A four-dimensional inversion of the acoustic tomography, satellite altimetry and in situ data using Quasigeostrophic constraints

Abstract

A least square dynamically constrained inversion algorithm (DCIA) is developed for monitoring open ocean eddies in the regions, where open boundaries are the major sources of model forecast uncertainties on time scales larger than one week. We employ a finite-difference quasigeostrophic numerical model to constrain evolution of the ocean state. The inversion algorithm is based upon minimization of a quadratic cost function in the space of initial and boundary conditions for quasigeostrophic equations. The problem is regularized by enforcing smoothness in the fields of vorticity, buoyancy, and vertical velocity. We demonstrate that quasigeostrophic currents in an open ocean 1000 × 1000 km region can be effectively reconstructed using acoustic tomography and satellite altimetry data supported by additional sources of information.
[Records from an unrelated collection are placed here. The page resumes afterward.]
-- ===== src/Service/Cap.antt =====
-- The cap on what a user stores.
use doc_chat_template_scc.Common.{
  ℕ, ◌+◌, ◌-◌, ◌≤◌, ltb, ◌≡◌, ◌≢◌, refl, sym, ◌∙◌, true, false, not, Option, List, [], ◌∷◌, ◌++◌,
  codes_eq, ◌==◌, ==_iff, ==_refl, length, select, first, arith, Bool-cases, Option-cases, inl, inr,
  ltb-false, and-left,
}
use doc_chat_template_scc.Service.Storage.{
  storage_cap_bytes, File, Disk, safe_filename, is_file, find_file, total_bytes, size_or_zero,
  store_data, upload_storage, delete_storage,
}

total_bytes-append :
    (u : ℕ) (xs ys : Disk) → total_bytes u (xs ++ ys) ≡ total_bytes u xs + total_bytes u ys
unfolding total_bytes
total_bytes-append u [] ys = omega arith
total_bytes-append u (f ∷ xs) ys =
    let rest = total_bytes-append u xs ys in
    elim (Bool-cases (f.user_id == u)) [ inl e ↦ rw e (omega (arith, rest)) | inr e ↦ rw e rest ]

abbrev others : ℕ → List ℕ → Disk → Disk
others u name disk = select (λ f. not (is_file u name f)) disk

-- Removing files frees space, ...
total_bytes-others :
    (v u : ℕ) (name : List ℕ) (disk : Disk)
    → total_bytes v (others u name disk) ≤ total_bytes v disk
unfolding total_bytes select
total_bytes-others v u name [] = omega arith
total_bytes-others v u name (f ∷ disk) =
    let rest = total_bytes-others v u name disk in
    elim (Bool-cases (is_file u name f)) [
      | inl e ↦ elim (Bool-cases (f.user_id == v)) [
        | inl g ↦ rw e (rw g (omega (arith, rest)))
        | inr g ↦ rw e (rw g rest)
      ]
      | inr e ↦ elim (Bool-cases (f.user_id == v)) [
        | inl g ↦ rw e (rw g (omega (arith, rest)))
        | inr g ↦ rw e (rw g rest)
      ]
    ]

-- ... at least that of the file with the name.
total_bytes-replaced :
    (u : ℕ) (name : List ℕ) (disk : Disk)
    → total_bytes u (others u name disk) + size_or_zero (find_file u name disk) ≤ total_bytes u disk
unfolding total_bytes select first
total_bytes-replaced u name [] = omega arith
total_bytes-replaced u name (f ∷ disk) =
    let rest = total_bytes-replaced u name disk in
    let less = total_bytes-others u u name disk in
    elim (Bool-cases (is_file u name f)) [
      | inl e ↦
          let own : (f.user_id == u) ≡ true =
            and-left (f.user_id == u) (codes_eq f.filename name) e in
          rw e (rw own (omega (arith, less)))
      | inr e ↦ elim (Bool-cases (f.user_id == u)) [
        | inl g ↦ rw e (rw g (omega (arith, rest)))
        | inr g ↦ rw e (rw g rest)
      ]
    ]

-- No user's directory is over the cap.
abbrev pub IsWithinCap : Disk → Type 0
IsWithinCap disk = (u : ℕ) → total_bytes u disk ≤ storage_cap_bytes

total_bytes-one : (v u : ℕ) (f : File) → f.user_id ≡ u → v ≢ u → total_bytes v (f ∷ []) ≡ 0
unfolding total_bytes
total_bytes-one v u f e n = elim (Bool-cases (f.user_id == v)) [
  | inl k ↦ absurd (n (sym ((==_iff f.user_id v).0 k) ∙ e))
  | inr k ↦ rw k refl
]

total_bytes-own : (f : File) → total_bytes f.user_id (f ∷ []) ≡ length f.bytes
unfolding total_bytes
total_bytes-own f = rw (==_refl f.user_id) (omega arith)

store_data-IsWithinCap :
    (u : ℕ) (name bytes : List ℕ) (now : ℕ) (disk : Disk)
    → IsWithinCap disk
    → IsWithinCap (store_data u name bytes now disk).1
unfolding store_data
store_data-IsWithinCap u name bytes now disk h v =
    let old = size_or_zero (find_file u name disk) in
    let f : File = record { user_id = u; filename = name; bytes = bytes; mtime = now } in
    elim (Bool-cases (ltb storage_cap_bytes (total_bytes u disk - old + length bytes))) [
      | inl e ↦ rw e (h v)
      | inr e ↦
          let room = ltb-false storage_cap_bytes (total_bytes u disk - old + length bytes) e in
          let sum = total_bytes-append v (others u name disk) (f ∷ []) in
          let less = total_bytes-others v u name disk in
          let before = h v in
          elim (Bool-cases (v == u)) [
            | inl g ↦
                let same : v ≡ u = (==_iff v u).0 g in
                let freed = total_bytes-replaced u name disk in
                let own = total_bytes-own f in
                rw e (
                  rw same (
                    rw (total_bytes-append u (others u name disk) (f ∷ []))
                      (omega (arith, room, freed, own))))
            | inr g ↦
                let none_of = total_bytes-one v u f refl (λ k.
                  let q = (==_iff v u).1 k in let t : true ≡ false = sym q ∙ g in absurd (cc)) in
                rw e (omega (arith, sum, less, none_of, before))
          ]
    ]

-- what changes the disk, for a signed-in user
pub data Change : Type 0 where
  upload : (user_id : ℕ) (filename content : List ℕ) (now : ℕ) → Change
  delete : (user_id : ℕ) (filename : List ℕ) → Change

module _ (b64decode : List ℕ → Option (List ℕ)) (b64encode : List ℕ → List ℕ) where
  abbrev change : Change → Disk → Disk
  change (upload u filename content now) disk =
      (upload_storage b64decode b64encode u filename content now disk).1
  change (delete u filename) disk = (delete_storage u filename disk).1

  -- the disk after some changes, the latest first
  unfoldable pub disk_after : List Change → Disk
  disk_after [] = []
  disk_after (c ∷ earlier) = change c (disk_after earlier)

  upload_storage-IsWithinCap :
      (u : ℕ) (filename content : List ℕ) (now : ℕ) (disk : Disk)
      → IsWithinCap disk
      → IsWithinCap (upload_storage b64decode b64encode u filename content now disk).1
  unfolding upload_storage
  upload_storage-IsWithinCap u filename content now disk h v =
      elim (Option-cases (safe_filename filename)) [
        | inl e ↦ rw e (h v)
        | inr (name, e) ↦ elim (Option-cases (b64decode content)) [
          | inl f ↦ rw e (rw f (h v))
          | inr (bytes, f) ↦ rw e (rw f (store_data-IsWithinCap u name bytes now disk h v))
        ]
      ]

  delete_storage-IsWithinCap :
      (u : ℕ) (filename : List ℕ) (disk : Disk)
      → IsWithinCap disk
      → IsWithinCap (delete_storage u filename disk).1
  unfolding delete_storage
  delete_storage-IsWithinCap u filename disk h v = elim (Option-cases (safe_filename filename)) [
    | inl e ↦ rw e (h v)
    | inr (name, e) ↦
        let less = total_bytes-others v u name disk in let k = h v in rw e (omega (arith, less, k))
  ]

  change-IsWithinCap : (c : Change) (disk : Disk) → IsWithinCap disk → IsWithinCap (change c disk)
  change-IsWithinCap (upload u filename content now) disk h =
      upload_storage-IsWithinCap u filename content now disk h
  change-IsWithinCap (delete u filename) disk h = delete_storage-IsWithinCap u filename disk h

  -- Whatever is uploaded and deleted, by whomever and in whatever order, no user's files take more
  -- than the cap.
  pub disk_after-IsWithinCap : (changes : List Change) → IsWithinCap (disk_after changes)
  unfolding disk_after total_bytes
  disk_after-IsWithinCap [] u = omega arith
  disk_after-IsWithinCap (c ∷ earlier) u =
      change-IsWithinCap c (disk_after earlier) (disk_after-IsWithinCap earlier) u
Performance of the algorithm is tested in the framework of twin-data experiments and then applied to the real observations. The analyzed observations span over the period of two months and include (i) direct and differential acoustic travel times measured at the array of five acoustic transceivers; (ii) satellite sea surface height measurements; (iii) vertical density profiles, and (iv) current velocities observed by the ship-borne acoustic Doppler current profiler (ADCP). We discuss interpolation properties of the travel time operators, study the impact of various data types on the quality of inversion, and compare performance of the proposed algorithm with the standard least square inversion of the acoustic travel times.